When a home sits on the market longer than expected, the first conversation is almost always about price. Drop it by five percent. Offer a concession. Meet the market where it is.
Sometimes that’s the right call. But more often than sellers realize, price is not what’s stopping the sale. Something else is. And until you identify what that something is, reducing the price means leaving money on the table without solving the actual problem.
After more than two decades and thousands of transactions in South Florida, I’ve learned to look past the obvious. Here’s what I usually find.
“A price reduction is not a strategy. It’s a symptom of a problem that hasn’t been diagnosed yet.”
The first impression is happening online, not at the front door
90% of buyers today decide whether to schedule a showing based solely on listing photos. If the photos are dark, cluttered, taken at the wrong angle, or don’t capture what makes the property worth seeing, they move on. They never ring the doorbell.
I’ve seen beautiful homes sit for weeks because the listing looked average online. Professional photography isn’t optional anymore. It’s the showing. If your listing photos don’t make someone want to walk through the door, nothing else matters.
The home is telling a story that buyers can’t see themselves in
Buyers don’t buy houses. They buy the life they imagine living in them. When a home is too personalized — strong colors, heavy furniture, family photos on every wall, a garage converted into something a buyer didn’t ask for — it becomes harder for them to picture their own life there.
This is not about your taste. Your taste may be excellent. It’s about creating the mental space for someone else to move in emotionally before they move in physically. That’s what staging is really about, and it doesn’t have to cost a fortune. Sometimes it’s as simple as editing what’s already there.
The showing experience is working against you.

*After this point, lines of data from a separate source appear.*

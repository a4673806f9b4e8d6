-- ===== src/Tr50/Api.antt =====
-- The identifiers and payloads of calls: tr50.api.async.c. The JSON text of a message and the
-- compression are parameters: `to_string` and `deflate` answer a text or a code.
pub mod Ids
pub mod Payload
pub mod Call
pub mod Outcome
pub mod Ownership
pub mod Dangling
pub mod Life
pub mod Reach
mod Tests
use libtr.Base.{ℕ, zero, suc, ◌+◌, List, Bool, true, false, leb, ◌==◌, if◌then◌else◌, length}
use libtr.Base.Int.{ℤ, pos}
use libtr.Error.{Res, ok, err, fault, stuck}

-- `TR50_MAX_ID`.
abbrev pub max_id : ℕ
max_id = 65536

-- `tr50_api_msg_id_next`: the new `seq_id`, which is the identifier.
unfoldable pub msg_id_next : ℕ → ℕ
msg_id_next seq_id = (if seq_id == max_id then 0 else seq_id) + 1

-- The identifier of the call number `n` behind `seq_id`.
unfoldable pub nth_id : ℕ → ℕ → ℕ
unfolding msg_id_next
nth_id seq_id zero = seq_id
nth_id seq_id (suc n) = msg_id_next (nth_id seq_id n)

-- `TR50_TOPIC_API` and `TR50_TOPIC_COMPRESS_API`.
pub data Topic : Type 0 where
  api : Topic
  apiz : Topic

-- `TR50_MIN_COMPRESSION_LEN`.
abbrev pub min_compression_len : ℕ
min_compression_len = 128

-- `_tr50_build_payload`: the return code, the topic and the payload. Where the compression failed,
-- its code stays in `ret` beside the payload that is not compressed.
unfoldable pub build_payload :
    Res (List ℕ) → (List ℕ → Res (List ℕ)) → Bool → Res (ℤ × Topic × List ℕ)
build_payload to_string deflate compress = elim to_string [
  | err ret ↦ err ret
  | fault ↦ fault
  | stuck ↦ stuck
  | ok raw ↦ elim compress [
    | false ↦ ok (pos 0, api, raw)
    | true ↦ elim (leb (length raw) min_compression_len) [
      | true ↦ ok (pos 0, api, raw)
      | false ↦ elim (deflate raw) [
        | ok small ↦ ok (pos 0, apiz, small)
        | err ret ↦ ok (ret, api, raw)
        | fault ↦ fault
        | stuck ↦ stuck
      ]
    ]
  ]
]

How a showing feels matters more than most sellers expect. A home that smells like last night’s dinner, is difficult to schedule, requires the owner to be present, or has lights off and blinds closed when the buyer walks in — that home starts every showing at a disadvantage.

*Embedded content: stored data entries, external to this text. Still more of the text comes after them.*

-- ===== src/Tr50/Config.antt =====
-- The configuration of a client: tr50.config.c. The texts are blocks of memory that the client
-- owns, so a field is NULL, a block, or a pointer to a block that was freed.
pub mod Texts
mod Tests
use libtr.Base.{ℕ, List, Option, none, some, Bool, true, false}
use libtr.Base.Int.{ℤ, pos}
use libtr.Error.{Res, ok, fault, ◌>>=◌, err_tr50_compress_not_supported}
use libtr.Memory.{Malloc}
use libtr.Mqtt.Client.Params.{clone_text}

pub data Text : Type 0 where
  null : Text
  held : List ℕ → Text
  freed : Text

-- `_TR50_CONFIG`. Of a callback it is known whether it is set.
pub record Config : Type 0 where
  pub client_id : Text
  pub host : Text
  pub port : ℕ
  pub ssl : Bool
  pub https_proxy : Bool
  pub keepalive_in_ms : ℕ
  pub timeout_in_ms : ℕ
  pub compress : Bool
  pub username : Text
  pub password : Text
  pub proxy_type : ℕ
  pub proxy_addr : Text
  pub proxy_username : Text
  pub proxy_password : Text
  pub should_reconnect_callback : Bool
  pub non_api_handler : Bool
  pub state_change_handler : Bool
  pub api_watcher_handler : Bool

-- `_memory_memset(config, 0, sizeof(_TR50_CONFIG))`.
abbrev pub no_config : Config
no_config = record {
  client_id = null;
  host = null;
  port = 0;
  ssl = false;
  https_proxy = false;
  keepalive_in_ms = 0;
  timeout_in_ms = 0;
  compress = false;
  username = null;
  password = null;
  proxy_type = 0;
  proxy_addr = null;
  proxy_username = null;
  proxy_password = null;
  should_reconnect_callback = false;
  non_api_handler = false;
  state_change_handler = false;
  api_watcher_handler = false;
}

-- `if (field) _memory_free(field)`: a block that was freed before is undefined behaviour.
unfoldable pub release : Text → Res (Unit {0})
release null = ok tt
release (held text) = ok tt
release freed = fault

-- `_memory_clone` of a text.
abbrev pub clone : Malloc → List ℕ → Text
clone malloc text = elim (clone_text malloc text) [ none ↦ null | some copy ↦ held copy ]

-- A field that is not set again points to the block that was freed.
abbrev pub left : Text → Text
left null = null
left (held text) = freed
left freed = freed

unfoldable pub set_host : Malloc → Config → List ℕ → Res Config
unfolding release
set_host malloc config host = do
  _ ← release config.host
  ok (record config { host = clone malloc host })

unfoldable pub set_client_id : Malloc → Config → List ℕ → Res Config
unfolding release
set_client_id malloc config client_id = do
  _ ← release config.client_id
  ok (record config { client_id = clone malloc client_id })

-- `tr50_config_set_username` and `tr50_config_set_password`: where the argument is NULL, the old
-- text is freed and the field keeps its pointer.
unfoldable pub set_username : Malloc → Config → Option (List ℕ) → Res Config
unfolding release
set_username malloc config username = do
  _ ← release config.username
  ok (record config {
    username = elim username [ none ↦ left config.username | some text ↦ clone malloc text ];
  })

unfoldable pub set_password : Malloc → Config → Option (List ℕ) → Res Config
unfolding release
set_password malloc config password = do
  _ ← release config.password
  ok (record config {
    password = elim password [ none ↦ left config.password | some text ↦ clone malloc text ];
  })

abbrev pub clone_given : Malloc → Option (List ℕ) → Text
clone_given malloc none = null
clone_given malloc (some text) = clone malloc text

-- `tr50_config_set_proxy`, which clears the three fields.
unfoldable pub set_proxy :
    Malloc → Config → ℕ → Option (List ℕ) → Option (List ℕ) → Option (List ℕ) → Res Config
unfolding release
set_proxy malloc config type addr username password = do
  _ ← release config.proxy_addr
  _ ← release config.proxy_username
  _ ← release config.proxy_password
  ok (record config {
    proxy_type = type;
    proxy_addr = clone_given malloc addr;
    proxy_username = clone_given malloc username;
    proxy_password = clone_given malloc password;
  })

-- `tr50_config_set_compress`, where `_compress_is_supported` answers `supported`.
unfoldable pub set_compress : Bool → Config → Bool → ℤ × Config
set_compress false config enabled = (err_tr50_compress_not_supported, config)
set_compress true config enabled = (pos 0, record config { compress = enabled })

-- `_tr50_config_delete`.
unfoldable pub delete : Config → Res Config
unfolding release
delete config = do
  _ ← release config.client_id
  _ ← release config.host
  _ ← release config.username
  _ ← release config.password
  _ ← release config.proxy_addr
  _ ← release config.proxy_username
  _ ← release config.proxy_password
  ok no_config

Buyers are making emotional decisions in a very short window. The showing should make them feel welcome, comfortable, and able to linger. Every friction point — a lockbox that’s hard to open, a pet that greets buyers at the door, a seller who follows the agent room to room — is a small thing that adds up to a big feeling of this isn’t right.
“Buyers decide with their gut first. Then they look for the logic to back it up.”
The listing isn’t reaching the right buyers.
Not all exposure is equal. A listing that lives on Zillow and nowhere else is not a marketed property — it’s a passive one. Serious buyers are found through agent networks, targeted digital campaigns, email outreach to qualified prospects, social media, and relationships that most sellers never see working behind the scenes.
When a home isn’t selling, I always ask: Who has actually seen this property? Not how many online views it has — how many qualified, motivated buyers have physically walked through? If that number is low, the problem isn’t the price. It’s the reach.
There’s something the market is reacting to that nobody has said out loud yet.
This is the conversation most agents avoid having. But after twenty years, I’ve learned that the market is rarely wrong. When buyers consistently walk through and don’t make offers, they’re telling you something. The feedback may be vague — “it’s just not for us” — but patterns in that feedback are data.
Maybe it’s a layout that doesn’t work for today’s buyer. A location factor that’s hard to overcome. A repair that buyers keep walking away from. An HOA situation that raises flags. Whatever it is, the honest conversation about it is always more valuable than another price drop.
My job is to have that conversation with you clearly and without sugarcoating it. Not to make you feel good about a listing that isn’t working, but to help you understand why — and what we can actually do about it.
What to do if your home isn’t selling
Start with the showing data. How many showings have you had? What does the feedback say? Are buyers getting to the door and not coming in, or coming in and not coming back?
Then look at the presentation: photos, staging, scent, light, accessibility. Then look at the marketing: where is it being seen and by whom. Then, and only then, look at the price — with honest eyes and real comps, not wishful thinking.
A home that isn’t selling is trying to tell you something. The right agent listens to what the market is saying, translates it honestly, and adjusts the strategy — not just the number.